Но все эти сложные ощущения и мысли были еще недоступны двоим, собравшимся для того, чтобы подготовиться к контрольной по физике. Хотя оба, от природы умные и тонко воспринимающие окружающую действительность, наверно, смутно ощущали депрессивную притягательность осеннего безумия, тревожно вздрагивали под порывами равнодушного ветра, ежились под неласковыми лучами холодного северо-западного солнца, но все же восемнадцатое октября для них было одним из рядовых учебных дней, одним из тех, что приближают к концу первой четверти. Скоро каникулы, и завтра контрольная, и Аделаида Степановна очень строга, и нужно просто прорешать это все, чтобы завтра идти со спокойной душой в школу. Ей было четырнадцать, ему шестнадцать, они знали друг друга с детства, потому что жили в двухэтажном доме, выкрашенном шебуршисто-белой краской, на окраине маленького городка: нужно ли объяснять, что такое маленький городок?
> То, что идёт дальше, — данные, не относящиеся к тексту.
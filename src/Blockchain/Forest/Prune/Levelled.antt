-- ===== src/Blockchain/Forest/Prune/Levelled.antt =====
-- Pruning keeps the levels of a forest.
use bamboo.Prelude.{◌≡◌, sym, ◌∙◌, ap, ℕ, some, arith, Option-cases, inl, inr}
use bamboo.Types.{Block}
use bamboo.Blockchain.Forest.{Forest, Container, get_vertex}
use bamboo.Blockchain.Forest.Steps.{get_vertex_at}
use bamboo.Blockchain.Forest.Levels.{IsLevelled}
use bamboo.Blockchain.Forest.Prune.Pruned.{Pruned, kept-some}

module _ (f g : Forest) (l : ℕ) (p : Pruned f l g) where
  known-before : (i r : ℕ) → g.vertices i ≡ some r → f.vertices i ≡ some r
  known-before i r e = (kept-some f l (f.vertices i) r (sym (p.vertices i) ∙ e)).0

  found-before : (i : ℕ) (b : Block) → get_vertex g i ≡ some b → get_vertex f i ≡ some b
  found-before i b e = elim (Option-cases (g.vertices i)) [
    | inl gone ↦ absurd (unfold get_vertex in ground (arith, e, gone))
    | inr (r, there) ↦
        get_vertex_at f i r (known-before i r there)
        ∙ sym (ap (λ (c : ℕ → Container). (c r).vertex) p.containers)
        ∙ sym (get_vertex_at g i r there)
        ∙ e
  ]

  pub Pruned-IsLevelled : IsLevelled f → IsLevelled g
  Pruned-IsLevelled h = record {
    at_view = λ i r b e full.
        rw p.containers (h.at_view i r b (known-before i r e) (rw p.containers at full));
    lower = λ i b q e e'. h.lower i b q (found-before i b e) (found-before b.prev_id q e');
  }
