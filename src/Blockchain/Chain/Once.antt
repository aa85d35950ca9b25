-- ===== src/Blockchain/Chain/Once.antt =====
-- `CommitBlock` as a whole, and that no view is committed twice.
use bamboo.Prelude.{
  ◌⊎◌, inl, inr, ℕ, ◌+◌, ◌-◌, ◌≤◌, ◌<◌, ◌≡◌, ◌≢◌, refl, ◌∙◌, ap, Option, none, some, List, [], ◌∷◌,
  length, All, arith, mem, if◌then◌else◌,
}
use bamboo.Outcome.{Outcome, ok, err, fault, out_of_fuel}
use bamboo.Types.{View, Identifier, Block}
use bamboo.Blockchain.Forest.{Forest, get_vertex}
use bamboo.Blockchain.Forest.Invariant.{IsValid}
use bamboo.Blockchain.Forest.Levels.{IsLevelled}
use bamboo.Blockchain.Forest.Prune.{Sweep, prune_up_to_level}
use bamboo.Blockchain.Forest.Prune.Pruned.{
  Pruned, population, prune_up_to_level-Pruned, prune_up_to_level_ends,
}
use bamboo.Blockchain.Chain.{
  BlockChain, walk, finish_commit, prune_after_walk, commit_vertex, commit_block,
}
use bamboo.Blockchain.Chain.Commit.{
  ids, Ancestors, stop, last, next, walk-Walks, walk_ends, Falling, Ancestors-Falling,
}

-- What a commit of the block b does: its ancestors above the lowest level are committed, everything
-- below the block is pruned, and the counters follow.
pub record Committed (bc : BlockChain) (b : Block) (blocks : List Block) (bc' : BlockChain)
    : Type 0 where
  pub ancestors : Ancestors bc.forrest bc.forrest.lowest_level b blocks
  pub pruned : Pruned bc.forrest b.view bc'.forrest
  pub counted : bc'.committed_block_no ≡ bc.committed_block_no + length blocks
  pub pruned_no :
      bc'.pruned_block_no
      ≡ bc.pruned_block_no
        + population bc.forrest (b.view - bc.forrest.lowest_level) bc.forrest.lowest_level
  pub highest : bc'.highest_comitted ≡ b.view
  pub votes :
      (i : Identifier)
      → bc'.quorum.votes i ≡ (if mem i (ids blocks) then none else bc.quorum.votes i)

-- The chain that the walk starts from.
abbrev noted : BlockChain → Block → BlockChain
noted bc b = record bc { highest_comitted = b.view }

abbrev after : BlockChain → Sweep → BlockChain
after walked s = record walked {
  forrest = s.forest;
  pruned_block_no = walked.pruned_block_no + s.pruned;
}

finish_commit-ok :
    (bs blocks forked : List Block) (walked bc' : BlockChain) (o : Outcome Sweep)
    → finish_commit bs walked o ≡ (ok (blocks, forked), bc')
    → (s : Sweep) × (o ≡ ok s) × (bs ≡ blocks) × (after walked s ≡ bc') × (s.forked ≡ forked)
unfolding finish_commit
finish_commit-ok bs blocks forked walked bc' (ok s) e = (s, refl, cc, cc, cc)
finish_commit-ok bs blocks forked walked bc' (err x) e = absurd (cc)
finish_commit-ok bs blocks forked walked bc' (fault x) e = absurd (cc)

prune_after_walk-ok :
    (fuel : ℕ) (l : View) (bc bc' : BlockChain) (r : List Block × List Block)
    (o : Outcome (List Block × BlockChain))
    → prune_after_walk fuel l bc o ≡ (ok r, bc')
    → (bs : List Block) × (walked : BlockChain) × (o ≡ ok (bs, walked))
      × (finish_commit bs walked (prune_up_to_level fuel l walked.forrest) ≡ (ok r, bc'))
unfolding prune_after_walk
prune_after_walk-ok fuel l bc bc' r (ok (bs, walked)) e = (bs, walked, refl, e)
prune_after_walk-ok fuel l bc bc' r (err x) e = absurd (cc)
prune_after_walk-ok fuel l bc bc' r (fault x) e = absurd (cc)

commit_vertex-ok :
    (fuel : ℕ) (id : Identifier) (view : View) (bc bc' : BlockChain) (r : List Block × List Block)
    (o : Option Block)
    → commit_vertex fuel id view bc o ≡ (ok r, bc')
    → (b : Block) × (o ≡ some b)
      × (prune_after_walk fuel b.view bc (walk fuel view b (noted bc b)) ≡ (ok r, bc'))
unfolding commit_vertex
commit_vertex-ok fuel id view bc bc' r none e = absurd (cc)
commit_vertex-ok fuel id view bc bc' r (some b) e = (b, refl, e)

-- The parts of a commit that succeeds.
record Parts (fuel : ℕ) (id : Identifier) (view : View) (bc : BlockChain)
    (blocks forked : List Block) (bc' : BlockChain) : Type 0 where
  block : Block
  walked : BlockChain
  swept : Sweep
  at : get_vertex bc.forrest id ≡ some block
  went : walk fuel view block (noted bc block) ≡ ok (blocks, walked)
  prunes : prune_up_to_level fuel block.view walked.forrest ≡ ok swept
  chain : after walked swept ≡ bc'
  forks : swept.forked ≡ forked

commit_block-Parts :
    (fuel : ℕ) (id : Identifier) (view : View) (bc : BlockChain) (blocks forked : List Block)
    (bc' : BlockChain)
    → commit_block fuel id view bc ≡ (ok (blocks, forked), bc')
    → Parts fuel id view bc blocks forked bc'
unfolding commit_block
commit_block-Parts fuel id view bc blocks forked bc' e =
    let (b, at, e1) = commit_vertex-ok fuel id view bc bc' _ (get_vertex bc.forrest id) e in
    let (bs, walked, went, e2) = prune_after_walk-ok fuel b.view bc bc' _ _ e1 in
    let (s, prunes, same, chain, forks) = finish_commit-ok bs blocks forked walked bc' _ e2 in
    record {
      block = b;
      walked = walked;
      swept = s;
      at = at;
      went = went ∙ ap (λ (l : List Block). ok (l, walked)) same;
      prunes = prunes;
      chain = chain;
      forks = forks;
    }

-- A commit that succeeds commits the block's ancestors above the lowest level, newest first, drops
-- their votes, prunes everything below the block and counts both.
pub commit_block-Committed :
    (fuel : ℕ) (id : Identifier) (view : View) (bc bc' : BlockChain) (blocks forked : List Block)
    → IsValid bc.forrest
    → commit_block fuel id view bc ≡ (ok (blocks, forked), bc')
    → (b : Block) × (get_vertex bc.forrest id ≡ some b) × Committed bc b blocks bc'
commit_block-Committed fuel id view bc bc' blocks forked v e =
    let p = commit_block-Parts fuel id view bc blocks forked bc' e in
    let b = p.block in
    let walks = walk-Walks fuel view b (noted bc b) (blocks, p.walked) p.went in
    let prunes : prune_up_to_level fuel b.view bc.forrest ≡ ok p.swept =
      rw (← walks.1.forrest) p.prunes in
    let pruned = prune_up_to_level-Pruned fuel b.view bc.forrest p.swept v prunes in
    (
      b,
      p.at,
      rw (← p.chain) (record {
        ancestors = walks.0;
        pruned = pruned.0;
        counted = walks.1.counted;
        pruned_no = omega (arith, walks.1.pruned, pruned.1);
        highest = walks.1.highest;
        votes = walks.1.votes;
      }),
    )

-- With more fuel than the view of the block, a commit in a levelled forest does not run out of it.
pub commit_block_ends :
    (fuel : ℕ) (id : Identifier) (view : View) (bc : BlockChain) (b : Block)
    → IsValid bc.forrest
    → IsLevelled bc.forrest
    → get_vertex bc.forrest id ≡ some b
    → b.view < fuel
    → (commit_block fuel id view bc).0 ≢ fault out_of_fuel
unfolding commit_block commit_vertex prune_after_walk finish_commit
commit_block_ends fuel id view bc b v h at lt =
    let ((bs, walked), went) = walk_ends fuel view b id (noted bc b) h at lt in
    let same = (walk-Walks fuel view b (noted bc b) (bs, walked) went).1.forrest in
    let ends = prune_up_to_level_ends fuel b.view bc.forrest v h lt in
    ground (arith, at, went, same, ends)

All-above :
    (low v w : ℕ) (bs : List Block)
    → w ≤ low
    → Falling low v bs
    → All (λ (c : Block). w < c.view) bs
All-above low v w [] le f = tt
All-above low v w (b ∷ bs) le f = (omega arith, All-above low b.view w bs le f.2)

-- The block of the commit comes first, unless it is not above the lowest level.
abbrev pub IsHead : ℕ → Block → List Block → Type 0
IsHead low b bs = ((b.view ≤ low) × (bs ≡ [])) ⊎ ((rest : List Block) × (bs ≡ b ∷ rest))

IsHead-Ancestors :
    {f : Forest} {low : ℕ} {b : Block} {bs : List Block} → Ancestors f low b bs → IsHead low b bs
IsHead-Ancestors (stop b le) = inl (le, refl)
IsHead-Ancestors (last b lt gone) = inr ([], refl)
IsHead-Ancestors (next b p rest lt at more) = inr (rest, refl)

-- A commit starts with its block, unless it is not above the lowest level, and goes on in strictly
-- falling views; whatever is committed later, once blocks were added without lowering the level, has
-- larger views than the block: no view is committed twice.
pub commit_block_once :
    (fuel fuel' : ℕ) (id id' : Identifier) (view view' : View) (bc bc' bd bd' : BlockChain)
    (first second forked forked' : List Block)
    → IsValid bc.forrest
    → IsLevelled bc.forrest
    → IsValid bd.forrest
    → IsLevelled bd.forrest
    → commit_block fuel id view bc ≡ (ok (first, forked), bc')
    → bc'.forrest.lowest_level ≤ bd.forrest.lowest_level
    → commit_block fuel' id' view' bd ≡ (ok (second, forked'), bd')
    → (b : Block) × (get_vertex bc.forrest id ≡ some b)
      × IsHead bc.forrest.lowest_level b first
      × Falling bc.forrest.lowest_level (b.view + 1) first
      × All (λ (c : Block). b.view < c.view) second
commit_block_once fuel fuel' id id' view view' bc bc' bd bd' first second forked forked' v h v' h' e
      le e' =
    let (b, at, c) = commit_block-Committed fuel id view bc bc' first forked v e in
    let (d, at', c') = commit_block-Committed fuel' id' view' bd bd' second forked' v' e' in
    let down =
      Ancestors-Falling bc.forrest bc.forrest.lowest_level (b.view + 1) id h at (omega arith)
        c.ancestors in
    let down' =
      Ancestors-Falling bd.forrest bd.forrest.lowest_level (d.view + 1) id' h' at' (omega arith)
        c'.ancestors in
    (
      b,
      at,
      IsHead-Ancestors c.ancestors,
      down,
      All-above bd.forrest.lowest_level (d.view + 1) b.view second (omega (arith, c.pruned.lowest))
          down',
    )
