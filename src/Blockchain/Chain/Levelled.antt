-- ===== src/Blockchain/Chain/Levelled.antt =====
-- The levels of the forest after a commit.
use bamboo.Prelude.{ℕ, ◌≡◌, List}
use bamboo.Outcome.{ok}
use bamboo.Types.{View, Identifier, Block}
use bamboo.Blockchain.Forest.Invariant.{IsValid}
use bamboo.Blockchain.Forest.Levels.{IsLevelled}
use bamboo.Blockchain.Forest.Prune.Levelled.{Pruned-IsLevelled}
use bamboo.Blockchain.Chain.{BlockChain, commit_block}
use bamboo.Blockchain.Chain.Once.{commit_block-Committed}

-- A commit that succeeds in a well-formed, levelled forest leaves it well formed and levelled: every
-- block stands on the level of its view, above its parent's.
pub commit_block-IsLevelled :
    (fuel : ℕ) (id : Identifier) (view : View) (bc bc' : BlockChain) (blocks forked : List Block)
    → IsValid bc.forrest
    → IsLevelled bc.forrest
    → commit_block fuel id view bc ≡ (ok (blocks, forked), bc')
    → IsValid bc'.forrest × IsLevelled bc'.forrest
commit_block-IsLevelled fuel id view bc bc' blocks forked v h e =
    let (b, at, c) = commit_block-Committed fuel id view bc bc' blocks forked v e in
    (c.pruned.valid, Pruned-IsLevelled bc.forrest bc'.forrest b.view c.pruned h)
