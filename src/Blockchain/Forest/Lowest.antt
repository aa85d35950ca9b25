-- ===== src/Blockchain/Forest/Lowest.antt =====
-- The lowest level: adding a vertex leaves it, pruning raises it.
use bamboo.Prelude.{ℕ, ◌≤◌, ◌≡◌, ◌∙◌, arith, inl, inr}
use bamboo.Outcome.{ok}
use bamboo.Types.{Block}
use bamboo.Blockchain.Forest.{Forest, create_container, get_or_create, add_child, add_vertex}
use bamboo.Blockchain.Forest.Steps.{Registered, add_vertex-Added, store}
use bamboo.Blockchain.Forest.Prune.{prune_up_to_level, Sweep}
use bamboo.Blockchain.Forest.Prune.Pruned.{prune_parts}

lowest_level-get_or_create :
    (i l : ℕ) (f : Forest) → (get_or_create i l f).1.lowest_level ≡ f.lowest_level
unfolding get_or_create create_container
lowest_level-get_or_create i l f = ground arith

lowest_level-Registered :
    (r : ℕ) (b : Block) (f g : Forest) → Registered r b f g → g.lowest_level ≡ f.lowest_level
unfolding add_child
lowest_level-Registered r b f g (inl e) = cc
lowest_level-Registered r b f g (inr (p, _, _, le, e)) =
    rw e (lowest_level-get_or_create p.id p.level f)

pub lowest_level-add_vertex :
    (b : Block) (f g : Forest) → add_vertex b f ≡ ok g → g.lowest_level ≡ f.lowest_level
lowest_level-add_vertex b f g h = elim (add_vertex-Added b f g h) [
  | inl (e, _) ↦ cc
  | inr (r, c, created, le, empty, registered) ↦
      let same : c.lowest_level ≡ f.lowest_level =
        rw created at (lowest_level-get_or_create b.id b.view f) in
      lowest_level-Registered r b (store r b c) g registered ∙ same
]

-- A pruning that succeeds was not to a level below the lowest.
pub lowest_level-prune_up_to_level :
    (fuel l : ℕ) (f : Forest) (s : Sweep) → prune_up_to_level fuel l f ≡ ok s → f.lowest_level ≤ l
lowest_level-prune_up_to_level fuel l f s e = let (_, le, _, _) = prune_parts fuel l f s e in le
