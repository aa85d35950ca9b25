-- ===== src/Blockchain/Chain/Validity.antt =====
-- The chain as a whole stays well formed: through added blocks, votes, flags and commits, those that
-- end in an error included.
use bamboo.Prelude.{
  ℕ, ◌≤◌, ◌≡◌, Bool, none, List, mem, arith, Option-cases, Bool-cases, inl, inr, if◌then◌else◌,
}
use bamboo.Outcome.{ok, ok-injective, Outcome-cases, >>=-eq-ok}
use bamboo.Types.{View, Identifier, Block, Vote}
use bamboo.Blockchain.Forest.{get_vertex, add_vertex}
use bamboo.Blockchain.Forest.Invariant as Forest
use bamboo.Blockchain.Forest.Prune.{prune_up_to_level}
use bamboo.Blockchain.Forest.Prune.Pruned.{prune_up_to_level-Pruned}
use bamboo.Blockchain.Forest.Lowest.{lowest_level-add_vertex, lowest_level-prune_up_to_level}
use bamboo.Blockchain.Forest.Flag.{flag_commit, flag_commit-IsValid, lowest_level-flag_commit}
use bamboo.Blockchain.Quorum.{Quorum}
use bamboo.Blockchain.Quorum.Votes as Votes
use bamboo.Blockchain.Chain.{
  BlockChain, new_blockchain, add_block, add_vote, walk, finish_commit, prune_after_walk,
  commit_vertex, commit_block,
}
use bamboo.Blockchain.Chain.Commit.{ids, walk-Walks}

-- The forest is well formed, and so are the votes of every block.
pub record IsValid (byz_no : ℕ) (bc : BlockChain) : Type 0 where
  pub forrest : Forest.IsValid bc.forrest
  pub quorum : Votes.IsValid byz_no bc.quorum

-- What a chain becomes: well formed still, with nothing that was pruned or counted taken back.
pub record Follows (byz_no : ℕ) (bc bc' : BlockChain) : Type 0 where
  pub valid : IsValid byz_no bc'
  pub lowest : bc.forrest.lowest_level ≤ bc'.forrest.lowest_level
  pub committed : bc.committed_block_no ≤ bc'.committed_block_no
  pub pruned : bc.pruned_block_no ≤ bc'.pruned_block_no

pub stays : (byz_no : ℕ) (bc : BlockChain) → IsValid byz_no bc → Follows byz_no bc bc
stays byz_no bc v = record {
  valid = v;
  lowest = omega arith;
  committed = omega arith;
  pruned = omega arith;
}

pub Follows-trans :
    (byz_no : ℕ) (a b c : BlockChain) → Follows byz_no a b → Follows byz_no b c → Follows byz_no a c
Follows-trans byz_no a b c h k = record {
  valid = k.valid;
  lowest = omega (arith, h.lowest, k.lowest);
  committed = omega (arith, h.committed, k.committed);
  pruned = omega (arith, h.pruned, k.pruned);
}

dropped-IsValid :
    (byz_no : ℕ) (p q : Quorum) (gone : Identifier → Bool)
    → ((i : Identifier) → q.votes i ≡ (if gone i then none else p.votes i))
    → Votes.IsValid byz_no p
    → Votes.IsValid byz_no q
dropped-IsValid byz_no p q gone e h = record {
  distinct =
      λ j. elim (Bool-cases (gone j)) [ inl g ↦ rw (e, g) tt | inr g ↦ rw (e, g) (h.distinct j) ];
  bounded = λ j. elim (Bool-cases (gone j)) [
    | inl g ↦ rw (e, g) (omega arith)
    | inr g ↦ rw (e, g) (h.bounded j)
  ];
  own = λ j. elim (Bool-cases (gone j)) [ inl g ↦ rw (e, g) tt | inr g ↦ rw (e, g) (h.own j) ];
}

finish_commit-Follows :
    (byz_no fuel : ℕ) (level : View) (bs : List Block) (bc walked : BlockChain)
    → Follows byz_no bc walked
    → Follows byz_no bc (finish_commit bs walked (prune_up_to_level fuel level walked.forrest)).1
unfolding finish_commit
finish_commit-Follows byz_no fuel level bs bc walked v =
    elim (Outcome-cases (prune_up_to_level fuel level walked.forrest)) [
      | inl (s, e) ↦
          let pruned = (prune_up_to_level-Pruned fuel level walked.forrest s v.valid.forrest e).0 in
          rw e (record {
            valid = record { forrest = pruned.valid; quorum = v.valid.quorum };
            lowest = omega (
              arith,
              v.lowest,
              pruned.lowest,
              lowest_level-prune_up_to_level fuel level walked.forrest s e,
            );
            committed = v.committed;
            pruned = omega (arith, v.pruned);
          })
      | inr (inl (x, e)) ↦ rw e v
      | inr (inr (x, e)) ↦ rw e v
    ]

-- The walk alone.
walk-Follows :
    (byz_no fuel : ℕ) (view : View) (b : Block) (bc walked : BlockChain) (bs : List Block)
    → IsValid byz_no bc
    → walk fuel view b (record bc { highest_comitted = b.view }) ≡ ok (bs, walked)
    → Follows byz_no bc walked
walk-Follows byz_no fuel view b bc walked bs v e =
    let w = (walk-Walks fuel view b (record bc { highest_comitted = b.view }) (bs, walked) e).1 in
    record {
      valid = record {
        forrest = rw w.forrest v.forrest;
        quorum =
            dropped-IsValid byz_no bc.quorum walked.quorum (λ i. mem i (ids bs)) w.votes v.quorum;
      };
      lowest = rw w.forrest (omega arith);
      committed = omega (arith, w.counted);
      pruned = omega (arith, w.pruned);
    }

prune_after_walk-Follows :
    (byz_no fuel : ℕ) (view : View) (b : Block) (bc : BlockChain)
    → IsValid byz_no bc
    → Follows byz_no bc
        (prune_after_walk fuel b.view bc
          (walk fuel view b (record bc { highest_comitted = b.view }))).1
unfolding prune_after_walk
prune_after_walk-Follows byz_no fuel view b bc v =
    elim (Outcome-cases (walk fuel view b (record bc { highest_comitted = b.view }))) [
      | inl ((bs, walked), e) ↦ rw e (
          finish_commit-Follows byz_no fuel b.view bs bc walked
            (walk-Follows byz_no fuel view b bc walked bs v e))
      | inr (inl (x, e)) ↦ rw e (stays byz_no bc v)
      | inr (inr (x, e)) ↦ rw e (stays byz_no bc v)
    ]

-- However a commit ends, with blocks, an error or a panic, the chain stays well formed, and neither
-- the lowest level nor the counts of committed and of pruned blocks fall.
pub commit_block-Follows :
    (byz_no fuel : ℕ) (id : Identifier) (view : View) (bc : BlockChain)
    → IsValid byz_no bc
    → Follows byz_no bc (commit_block fuel id view bc).1
unfolding commit_block commit_vertex
commit_block-Follows byz_no fuel id view bc v = elim (Option-cases (get_vertex bc.forrest id)) [
  | inl e ↦ rw e (stays byz_no bc v)
  | inr (b, e) ↦ rw e (prune_after_walk-Follows byz_no fuel view b bc v)
]

-- Adding a block that does not panic.
pub add_block-Follows :
    (byz_no : ℕ) (b : Block) (bc bc' : BlockChain)
    → IsValid byz_no bc
    → add_block b bc ≡ ok bc'
    → Follows byz_no bc bc'
unfolding add_block
add_block-Follows byz_no b bc bc' v e =
    let (f, added, done) = >>=-eq-ok (add_vertex b bc.forrest) _ e in
    rw (← ok-injective done) (record {
      valid = record {
        forrest = Forest.add_vertex-IsValid b bc.forrest f v.forrest added;
        quorum = v.quorum;
      };
      lowest = omega (arith, lowest_level-add_vertex b bc.forrest f added);
      committed = omega arith;
      pruned = omega arith;
    })

pub add_vote-Follows :
    (byz_no : ℕ) (v : Vote) (bc : BlockChain)
    → IsValid byz_no bc
    → Follows byz_no bc (add_vote byz_no v bc).1
unfolding add_vote
add_vote-Follows byz_no v bc h = record {
  valid = record { forrest = h.forrest; quorum = Votes.add-IsValid byz_no bc.quorum v h.quorum };
  lowest = omega arith;
  committed = omega arith;
  pruned = omega arith;
}

pub flag_commit-Follows :
    (byz_no : ℕ) (id : Identifier) (bc : BlockChain)
    → IsValid byz_no bc
    → Follows byz_no bc (record bc { forrest = flag_commit id bc.forrest })
flag_commit-Follows byz_no id bc h = record {
  valid = record { forrest = flag_commit-IsValid id bc.forrest h.forrest; quorum = h.quorum };
  lowest = omega (arith, lowest_level-flag_commit id bc.forrest);
  committed = omega arith;
  pruned = omega arith;
}

pub new_blockchain-IsValid : (byz_no n : ℕ) → IsValid byz_no (new_blockchain n)
unfolding new_blockchain
new_blockchain-IsValid byz_no n = record {
  forrest = Forest.new_forest-IsValid;
  quorum = Votes.new_quorum-IsValid byz_no n;
}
Место, где все знают друг друга, живя не одной семьей, но одной деревней, почти общиной, когда люди так тесно спаяны друг с другом, что даже не испытывая друг к другу приязни, все же знают друг о друге все – и подстраиваются один под другого, поневоле вынужденные прилаживаться к характеру и привычкам соседей.
Владу хорошо давались физика и математика, Анечке, соседке, значительно хуже. Их бабушки дружили, и дети часто играли вместе, а потом, немного повзрослев, помогали друг другу со всякой школьной белибердой, потому что Анечка, несмотря на юный возраст, отлично писала сочинения – сказывалась яркая природная литературно-лингвистическая одаренность и привычка читать все, где есть буквы. Оба были по-своему талантливы... и красивы, той робкой, неоформившейся, не знающей о себе и не уверенной в себе красотой, которая бывает только на заре жизни. Когда человек еще очень доверчив, очень открыт и верит в хорошее: потому что заряд жизненной энергии, что дается при рождении, еще не потрачен, он как сверкающее ядро внутри, и жар его только разгорается.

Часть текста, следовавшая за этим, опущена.